DIRECTIONS: Among the entries beneath this sentence, how many lines include the word "keys"? Only the number is wanted.

————————

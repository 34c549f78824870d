-- ===== src/Optimistic/Changes.antt =====
-- The reconciling operations of client/optimistic.ts, on one family and across the families.
use sync_resource.Shared.{
  ℕ, ◌+◌, String, Bool, true, false, not, ◌&&◌, ◌||◌, Option, none, some, List, [], ◌∷◌, length,
  get_elem?, get_last?, drop_last, set, insert_at, remove_at, leb, is_some, if◌then◌else◌, ◌==◌,
}
use sync_resource.Shared.JsMap.{JsMap}
use sync_resource.Js.{Value}
use sync_resource.Optimistic.Types.{realtime, PageMeta, Family, Tables, Host, Reconcile}
use sync_resource.Optimistic.Order.{find_insert_index}
use sync_resource.Optimistic.Refs.{retain, release, for_families}
use sync_resource.Optimistic.Window.{
  index_of, touch, set_loaded_item, set_realtime_pages, shrink_page, move_by_compare,
}

-- `!reconcile.matchesQuery || reconcile.matchesQuery(item, family.query)`
unfoldable pub matches : Reconcile → Value → Value → Bool
matches reconcile item query = elim reconcile.matches_query [ none ↦ true | some m ↦ m item query ]

-- `family.pages[family.pages.length - 1]?.complete === true`
unfoldable pub last_complete : List PageMeta → Bool
last_complete [] = false
last_complete (p ∷ []) = p.complete
last_complete (p ∷ q ∷ ps) = last_complete (q ∷ ps)

-- `if (id) { release(state, id); }`
unfoldable pub release_if_set : Tables → Option String → Tables
unfolding release
release_if_set t none = t
release_if_set t (some id) = if id == "" then t else release t id

-- the branch of reconcileAddedItemWithFamily for a family with no ids
unfoldable pub add_to_empty : Family → List PageMeta → String → Value → Tables → Family × Tables
add_to_empty f (first ∷ []) id item t =
    if first.complete && not first.stale
    then (
      touch (record f {
        ids = id ∷ [];
        items = item ∷ [];
        pages = record first { count = 1; source = realtime } ∷ [];
      }),
      retain t id,
    )
    else (f, t)
add_to_empty f _ id item t = (f, t)

-- the splice of reconcileAddedItemWithFamily, and the entry that it drops
unfoldable pub insert_sorted :
    Reconcile → Family → Bool → ℕ → String → Value → Tables → Family × Tables
insert_sorted reconcile f complete index id item t =
    let ids = insert_at index id f.ids in
    let items = insert_at index item f.items in
    if not complete && not reconcile.sorted_placement
    then (
      set_realtime_pages (touch (record f { ids = drop_last ids; items = drop_last items })) 0,
      release_if_set (retain t id) (get_last? ids),
    )
    else (set_realtime_pages (touch (record f { ids = ids; items = items })) 1, retain t id)

-- reconcileAddedItemWithFamily from the search on
unfoldable pub add_to_window :
    Host → Reconcile → Family → List PageMeta → String → Value → Tables → Family × Tables
add_to_window host reconcile f pages id item t =
    let index = find_insert_index host reconcile.compare f.ids f.items item id in
    let complete = last_complete pages in
    if not complete && leb (length f.ids) index
    then (f, t)
    else insert_sorted reconcile f complete index id item t

-- reconcileAddedItemWithFamily after its early returns
unfoldable pub add_matching :
    Host → Reconcile → Family → List String → String → Value → Tables → Family × Tables
add_matching host reconcile f [] id item t = add_to_empty f f.pages id item t
add_matching host reconcile f (_ ∷ _) id item t =
    if is_some reconcile.compare then add_to_window host reconcile f f.pages id item t else (f, t)

unfoldable pub no_pages : List PageMeta → Bool
no_pages [] = true
no_pages (p ∷ ps) = false

-- reconcileAddedItemWithFamily
unfoldable pub add_with_family :
    Host → Reconcile → Family → String → Value → Tables → Family × Tables
add_with_family host reconcile f id item t =
    if no_pages f.pages || not (matches reconcile item f.query)
    then (f, t)
    else add_matching host reconcile f f.ids id item t

-- the last branch of reconcileAddedItemAcrossFamilies, for an own add
unfoldable pub append_to_page :
    Option String → Family → List PageMeta → String → Value → Tables → Family × Tables
append_to_page active f [] id item t = (f, t)
append_to_page none f (first ∷ rest) id item t = (f, t)
append_to_page (some key) f (first ∷ rest) id item t =
    if key == f.key
    then (
      touch (record f {
        ids = insert_at first.count id f.ids;
        items = insert_at first.count item f.items;
        pages = record first { count = first.count + 1 } ∷ rest;
      }),
      retain t id,
    )
    else (f, t)

module _ (host : Host) (reconcile : Reconcile) where
  -- the body of reconcileAddedItemAcrossFamilies; `active` is the key of the active family
  unfoldable pub add_item :
      Option String → Bool → String → Value → Family → Tables → Family × Tables
  add_item active append id item f t = elim (index_of id f.ids) [
    | some index ↦ (set_loaded_item f index item reconcile, t)
    | none ↦
        if append
        then append_to_page active f f.pages id item t
        else add_with_family host reconcile f id item t
  ]

  -- reconcileAddedItemAcrossFamilies
  unfoldable pub add_item_across :
      Option String → Bool → String → Value → JsMap Family → Tables → JsMap Family × Tables
  add_item_across active append id item families t =
      for_families (add_item active append id item) families t

  -- `family.items[index] = item` and the move by the comparator
  unfoldable pub update_at : Family → ℕ → Value → String → Family
  update_at f index item id =
      let written = record f { items = set f.items index item; items_view = none } in
      if is_some reconcile.compare
      then move_by_compare host reconcile written index item id
      else written

-- removeAt
unfoldable pub remove_entry : Tables → Family → ℕ → Family × Tables
remove_entry t f index = (
  touch (record f {
    ids = remove_at index f.ids;
    items = remove_at index f.items;
    pages = shrink_page index 0 f.pages;
  }),
  release_if_set t (get_elem? f.ids index),
)

module _ (host : Host) (reconcile : Reconcile) where
  -- the body of reconcileUpdatedItemAcrossFamilies
  unfoldable pub update_item : String → Value → Family → Tables → Family × Tables
  update_item id item f t = elim (index_of id f.ids) [
    | some index ↦
        if matches reconcile item f.query
        then (update_at host reconcile f index item id, t)
        else remove_entry t f index
    | none ↦
        if matches reconcile item f.query
        then add_with_family host reconcile f id item t
        else (f, t)
  ]

  -- reconcileUpdatedItemAcrossFamilies
  unfoldable pub update_item_across : String → Value → JsMap Family → Tables → JsMap Family × Tables
  update_item_across id item families t = for_families (update_item id item) families t

-- the body of removeIdFromFamilies
unfoldable pub drop_item : String → Family → Tables → Family × Tables
drop_item id f t = elim (index_of id f.ids) [ none ↦ (f, t) | some index ↦ remove_entry t f index ]

-- removeIdFromFamilies
unfoldable pub remove_id : String → JsMap Family → Tables → JsMap Family × Tables
remove_id id families t = for_families (drop_item id) families t
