-- ===== src/Optimistic/Patch.antt =====
-- applyPatch of client/optimistic.ts: `$set` and `$unset` by dotted paths, or a shallow merge.
use Prim.Native.Char.{code}
use sync_resource.Shared.{String, not, ◌&&◌, ◌||◌, List, [], ◌∷◌, eqb, if◌then◌else◌, ◌==◌}
use sync_resource.Js.{
  Value, Values, Fields, is_record, get_field, has_field, define_field, delete_field,
}

-- `path.split('.')`
unfoldable pub split_path : String → List String
split_path String.[] = "" ∷ []
split_path (String.◌∷◌ c s) = elim (split_path s) [
  | [] ↦ []
  | part ∷ parts ↦ if eqb (code c) b'.' then "" ∷ part ∷ parts else String.◌∷◌ c part ∷ parts
]

unfoldable pub fields_of : Value → Fields
fields_of (Value.object fs) = fs
fields_of _ = Fields.end

-- setPathMutable, over the parts of the path
unfoldable pub set_path : List String → Value → Fields → Fields
unfolding fields_of
set_path [] value target = target
set_path (last ∷ []) value target = if last == "" then target else define_field last value target
set_path (key ∷ next ∷ parts) value target =
    let inner = set_path (next ∷ parts) value (fields_of (get_field key target)) in
    if key == "" then target else define_field key (Value.object inner) target

unfoldable pub unset_in : (Fields → Fields) → Value → Value
unset_in f (Value.object fs) = Value.object (f fs)
unset_in f v = v

-- unsetPathMutable, over the parts of the path
unfoldable pub unset_path : List String → Fields → Fields
unfolding unset_in
unset_path [] target = target
unset_path (last ∷ []) target = if last == "" then target else delete_field last target
unset_path (key ∷ next ∷ parts) target =
    let inner = unset_in (unset_path (next ∷ parts)) (get_field key target) in
    if key == "" || not (is_record (get_field key target))
    then target
    else define_field key inner target

-- `for (const [key, value] of Object.entries(setValue))`
unfoldable pub set_all : Fields → Fields → Fields
unfolding set_path split_path
set_all Fields.end base = base
set_all (Fields.field key value entries) base =
    set_all entries (set_path (split_path key) value base)

-- `for (const key of unsetValue)`
unfoldable pub unset_all : Values → Fields → Fields
unfolding unset_path split_path
unset_all Values.nil base = base
unset_all (Values.cons (Value.text key) keys) base =
    unset_all keys (unset_path (split_path key) base)
unset_all (Values.cons _ keys) base = unset_all keys base

-- `Object.assign(base, patch)`
unfoldable pub assign : Fields → Fields → Fields
assign Fields.end base = base
assign (Fields.field key value entries) base = assign entries (define_field key value base)

unfoldable pub set_value : Value → Fields → Fields
unfolding set_all
set_value (Value.object entries) base = set_all entries base
set_value _ base = base

unfoldable pub unset_value : Value → Fields → Fields
unfolding unset_all
unset_value (Value.array keys) base = unset_all keys base
unset_value _ base = base

unfoldable pub patch_fields : Fields → Fields → Fields
unfolding set_value unset_value assign
patch_fields patch base =
    let patched =
      unset_value (get_field "$unset" patch) (set_value (get_field "$set" patch) base) in
    if not (has_field "$set" patch) && not (has_field "$unset" patch)
    then assign patch patched
    else patched

-- applyPatch
unfoldable pub apply_patch : Value → Value → Value
unfolding patch_fields fields_of
apply_patch current (Value.object patch) = Value.object (patch_fields patch (fields_of current))
apply_patch current _ = Value.object (fields_of current)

————————

REPLY: 4